Genable Moves Closer to a Gene Therapy Clinical Trial for Dominant RP

October 10, 2014

After a recent meeting with the U.S. Food and Drug Administration (FDA), the Irish biopharmaceutical company Genable is on course to launch the first gene therapy clinical trial for people with an autosomal dominant retinal disease. The condition is retinitis pigmentosa caused by mutations in the gene rhodopsin (RHO), which affects about 30,000 people in the United States and Europe and thousands more around the world.

Jason Loveridge, Ph.D., Genable’s chief executive officer, says that the feedback the company received from a pre-IND meeting with the FDA puts the company in a good position to seek authorization of a clinical trial in the near future, so long as development of the therapy continues as planned. IND is an acronym for Investigational New Drug Application, which is submitted to the FDA by organizations seeking to launch human studies in the United States.

Applicants often request a pre-IND meeting to get feedback on their development plans and improve their chances that the FDA will authorize a clinical trial. The Foundation Fighting Blindness funded the development of Genable’s therapy early on, and continues to provide the company with consultation.

“To get our gene therapy, GT038, into a human study, we need to do more work in our large-animal model, the pig,” says Loveridge. “We need to ensure it’s safe for patients and determine the most effective dose.” When the treatment is a pill or eye drop, dosage can be easily changed for the patient. GT038, however, is injected underneath the retina, so dosage cannot be adjusted once it has been administered.

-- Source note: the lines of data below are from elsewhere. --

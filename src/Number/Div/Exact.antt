-- ===== src/Number/Div/Exact.antt =====
-- number.c: the value of number_div.
use native.Mathlib.Nat.{div-div-eq-div-mul, mul-div-mul_right}
use calx.Base.{
  ℕ, ◌+◌, ◌-◌, ◌*◌, ◌/◌, ◌^◌, ◌≤◌, ◌<◌, ◌≡◌, refl, sym, ap, ◌∙◌, Bool, true, arith, length,
  replicate, ltb, if◌then◌else◌, length-append, length-replicate,
}
use calx.Number.Add.Align.{scale_up-words, scale_up_rest}
use calx.Number.Add.Defs.{xor}
use calx.Number.Deci.{Deci, base, DeciLaws}
use calx.Number.Defs.{Number, IsValid}
use calx.Number.Div.Defs.{div_prepare, number_div}
use calx.Number.Div.Truncate.{Truncated, Truncated-at, after_div-Truncated}
use calx.Number.Fancy.Defs.{fancy_div}
use calx.Number.Fancy.Exact.{quotient_or_remainder-Holds}
use calx.Number.Fancy.Spans.{SpanOps, SpanLaws}
use calx.Number.Words.{
  eval, eval-append, eval-zeros, pow-add, pow_pos, Below, Below-append, Below-zeros,
}
use calx.Ntp.{NumberTruncateParams}

-- Both sides of a fraction by the power that the dividend was scaled by.
shift_quotient : (a p b x y z : ℕ) → 0 < p → 0 < z → x * p ≡ y * z → a * x / b / z ≡ a * y / (b * p)
shift_quotient a p b x y z pos_p pos_z h =
    let one : a * x / b / z ≡ a * x / (b * z) = div-div-eq-div-mul (a * x) b z in
    let up : a * x * p / (b * z * p) ≡ a * x / (b * z) =
      mul-div-mul_right {m = p} (a * x) (b * z) pos_p in
    let down : a * y * z / (b * p * z) ≡ a * y / (b * p) =
      mul-div-mul_right {m = z} (a * y) (b * p) pos_z in
    let top : a * x * p ≡ a * y * z = omega (arith, ap (λ (t : ℕ). a * t) h) in
    let bottom : b * z * p ≡ b * p * z = omega arith in one ∙ sym up ∙ rw (top, bottom) down

meet : (b n i j k l : ℕ) → i + j ≡ n → k + l ≡ n → b ^ i * b ^ j ≡ b ^ k * b ^ l
meet b n i j k l e f = sym (pow-add b i j) ∙ ap (λ (t : ℕ). b ^ t) (e ∙ sym f) ∙ pow-add b k l

module _ (d : Deci) (laws : DeciLaws d) (x : SpanOps) (span : SpanLaws d x) where
  -- the dividend: zero words below, and room for the fraction of the quotient
  record Prepared (a : Number) (p s : ℕ) (r : Number) : Type 0 where
    scale : r.scale ≡ s
    sign : r.sign ≡ a.sign
    size : length r.words ≡ s + p - a.scale + length a.words
    value : eval (base d) r.words ≡ eval (base d) a.words * base d ^ (s + p - a.scale)
    below : Below (base d) r.words

  wide : Number → NumberTruncateParams → ℕ
  wide a ntp = if ltb a.scale ntp.scale then ntp.scale else a.scale

  wide_le :
      (a : Number) (ntp : NumberTruncateParams) → (ntp.scale ≤ wide a ntp) × (a.scale ≤ wide a ntp)
  unfolding wide
  wide_le a ntp = (ground arith, ground arith)

  div_prepare-Prepared :
      (a : Number) (p : ℕ) (ntp : NumberTruncateParams)
      → Below (base d) a.words
      → Prepared a p (wide a ntp) (div_prepare a p ntp.scale)
  unfolding div_prepare wide
  div_prepare-Prepared a p ntp below =
      let s = wide a ntp in
      let words = scale_up-words a (s + p) in
      let (sign, scale) = scale_up_rest a (s + p) in
      let n = s + p - a.scale in
      let count = length-replicate {A = ℕ} n 0 in
      let positive = pow_pos 10 d.base_log (omega arith) in
      record {
        scale = refl;
        sign = sign;
        size = ap length words ∙ length-append (replicate n 0) a.words ∙ omega (arith, count);
        value =
            ap (eval (base d)) words
            ∙ eval-append (base d) (replicate n 0) a.words
            ∙ rw (eval-zeros (base d) n, count) (omega arith);
        below =
            rw words (
              Below-append (base d) (replicate n 0) a.words (Below-zeros (base d) n positive)
                below);
      }

  -- Division of valid numbers keeps as many words of fraction as it is told, has the sign of a
  -- quotient, meets the invariants, and is exact up to the digits that it drops: at the scale of
  -- the result the words stand for the quotient of the values rounded down, less its remainder by
  -- submod. The divisor is not zero, and the base is a multiple of submod.
  pub number_div-Truncated :
      (a b : Number) (ntp : NumberTruncateParams) (k : ℕ)
      → IsValid d a
      → IsValid d b
      → 0 < eval (base d) b.words
      → base d ≡ ntp.submod * k
      → Truncated d ntp
          (eval (base d) a.words
            * base d ^ (ntp.scale + b.scale)
            / (eval (base d) b.words * base d ^ a.scale))
          (xor a.sign b.sign)
          (number_div d x a b ntp)
  unfolding number_div fancy_div
  number_div-Truncated a b ntp k va vb h whole_base =
      let a' = div_prepare a b.scale ntp.scale in
      let s = wide a ntp in
      let (le, le_a) = wide_le a ntp in
      let p = div_prepare-Prepared a b.scale ntp va.below in
      let held =
        quotient_or_remainder-Holds d laws x span a'.words b.words true p.below vb.below h in
      let r = fancy_div d x a'.words b.words in
      let c = record a' { sign = xor a'.sign b.sign; words = r.0 } in
      let positive = pow_pos 10 d.base_log (omega arith) in
      let done =
        after_div-Truncated d laws c r.1 _ k ntp whole_base (omega (arith, p.scale, le))
          (omega (arith, p.scale, p.size, held.size, le_a, va.scale_fits))
          (omega (arith, held.count, held.size)) held.value held.below in
      let powers : base d ^ (s + b.scale - a.scale) * base d ^ a.scale
          ≡ base d ^ (ntp.scale + b.scale) * base d ^ (s - ntp.scale) =
        meet (base d) (s + b.scale) (s + b.scale - a.scale) a.scale (ntp.scale + b.scale)
          (s - ntp.scale) (omega (arith, le_a)) (omega (arith, le)) in
      let value : eval (base d) a'.words / eval (base d) b.words / base d ^ (a'.scale - ntp.scale)
          ≡ eval (base d) a.words
            * base d ^ (ntp.scale + b.scale)
            / (eval (base d) b.words * base d ^ a.scale) =
        rw (p.value, p.scale)
          (shift_quotient (eval (base d) a.words) (base d ^ a.scale) (eval (base d) b.words) _ _ _
            (pow_pos (base d) a.scale positive) (pow_pos (base d) (s - ntp.scale) positive)
            powers) in
      Truncated-at d ntp _ _ _ _ _ value (ap (λ (t : Bool). xor t b.sign) p.sign) done
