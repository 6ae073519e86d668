-- ===== src/Number/Round/Parts.antt =====
-- number.c: the two parts of a number, and the whole number that mkuniq_scale_down leaves.
use native.Mathlib.Nat.{div-eq_of_lt-le}
use calx.Base.{
  ℕ, ◌+◌, ◌-◌, ◌*◌, ◌/◌, ◌^◌, ◌≤◌, ◌<◌, ◌≡◌, refl, sym, ap, ◌∙◌, inl, inr, Bool, ◌&&◌, arith,
  length, drop, ◌==◌, Bool-cases, length-take, take-append-drop,
}
use calx.Number.Deci.{Deci, base, DeciLaws}
use calx.Number.Defs.{Number, IsValid, allocate, mkuniq_scale_down, int_part, frac_part}
use calx.Number.Words.{eval, Below-take, eval-append, eval-lt}

pub scale_down-words :
    (a : Number) → a.scale ≤ length a.words → (mkuniq_scale_down a 0).words ≡ int_part a
unfolding mkuniq_scale_down allocate
scale_down-words a h = elim (Bool-cases (a.nrefs == 1 && a.scale == 0)) [
  | inl e ↦ let z : a.scale ≡ 0 = ground arith in rw e (sym (ap (λ (t : ℕ). drop t a.words) z))
  | inr e ↦
      let n : length a.words - (length a.words - a.scale + 0) ≡ a.scale = omega arith in
      rw (e, n) refl
]

-- a number with no fraction, of these words and this sign
pub record IsWhole (d : Deci) (v : ℕ) (sign : Bool) (r : Number) : Type 0 where
  pub valid : IsValid d r
  pub scale : r.scale ≡ 0
  pub value : eval (base d) r.words ≡ v
  pub sign_of : r.sign ≡ sign

pub IsWhole-at :
    (d : Deci) (v w : ℕ) (s t : Bool) (r : Number)
    → v ≡ w
    → s ≡ t
    → IsWhole d v s r
    → IsWhole d w t r
IsWhole-at d v w s t r e f h = record {
  valid = h.valid;
  scale = h.scale;
  value = h.value ∙ e;
  sign_of = h.sign_of ∙ f;
}

pub scale_down_rest :
    (a : Number) → ((mkuniq_scale_down a 0).scale ≡ 0) × ((mkuniq_scale_down a 0).sign ≡ a.sign)
unfolding mkuniq_scale_down allocate
scale_down_rest a = elim (Bool-cases (a.nrefs == 1 && a.scale == 0)) [
  | inl e ↦ rw e (ground arith, refl)
  | inr e ↦ rw e (refl, refl)
]

module _ (d : Deci) (laws : DeciLaws d) where
  -- the words, in terms of the two parts
  pub whole :
      (a : Number)
      → a.scale ≤ length a.words
      → eval (base d) a.words
        ≡ eval (base d) (frac_part a) + base d ^ a.scale * eval (base d) (int_part a)
  whole a h =
      let n : length (frac_part a) ≡ a.scale = omega (arith, length-take a.scale a.words) in
      sym (ap (eval (base d)) (take-append-drop a.scale a.words))
      ∙ eval-append (base d) (frac_part a) (int_part a)
      ∙ rw n refl

  pub frac-lt : (a : Number) → IsValid d a → eval (base d) (frac_part a) < base d ^ a.scale
  frac-lt a v =
      let n : length (frac_part a) ≡ a.scale =
        omega (arith, length-take a.scale a.words, v.scale_fits) in
      let lt = eval-lt (base d) (frac_part a) (Below-take (base d) a.scale a.words v.below) in
      omega (arith, lt, ap (λ (t : ℕ). base d ^ t) n)

  -- the integer part is the quotient
  pub quotient :
      (a : Number)
      → IsValid d a
      → eval (base d) a.words / base d ^ a.scale ≡ eval (base d) (int_part a)
  quotient a v =
      let w = whole a v.scale_fits in
      let lt = frac-lt a v in
      div-eq_of_lt-le {k = eval (base d) (int_part a)} (base d ^ a.scale) (omega (arith, w))
        (omega (arith, w, lt))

Before its gene therapy is used in a clinical trial, Genable will also have to meet good manufacturing practices, or GMP, to ensure that the treatment qualifies for use in humans. The company has partnered with Spark Therapeutics, which is currently conducting a Phase III clinical trial of a gene therapy for Leber congenital amaurosis (LCA) caused by RPE65 mutations. Genable will use Spark’s manufacturing system to produce an adeno-associated virus, or AAV, for gene delivery into the retinal cells. AAVs have performed safely and effectively over the last six years in a number of clinical trials for retinal-disease treatments.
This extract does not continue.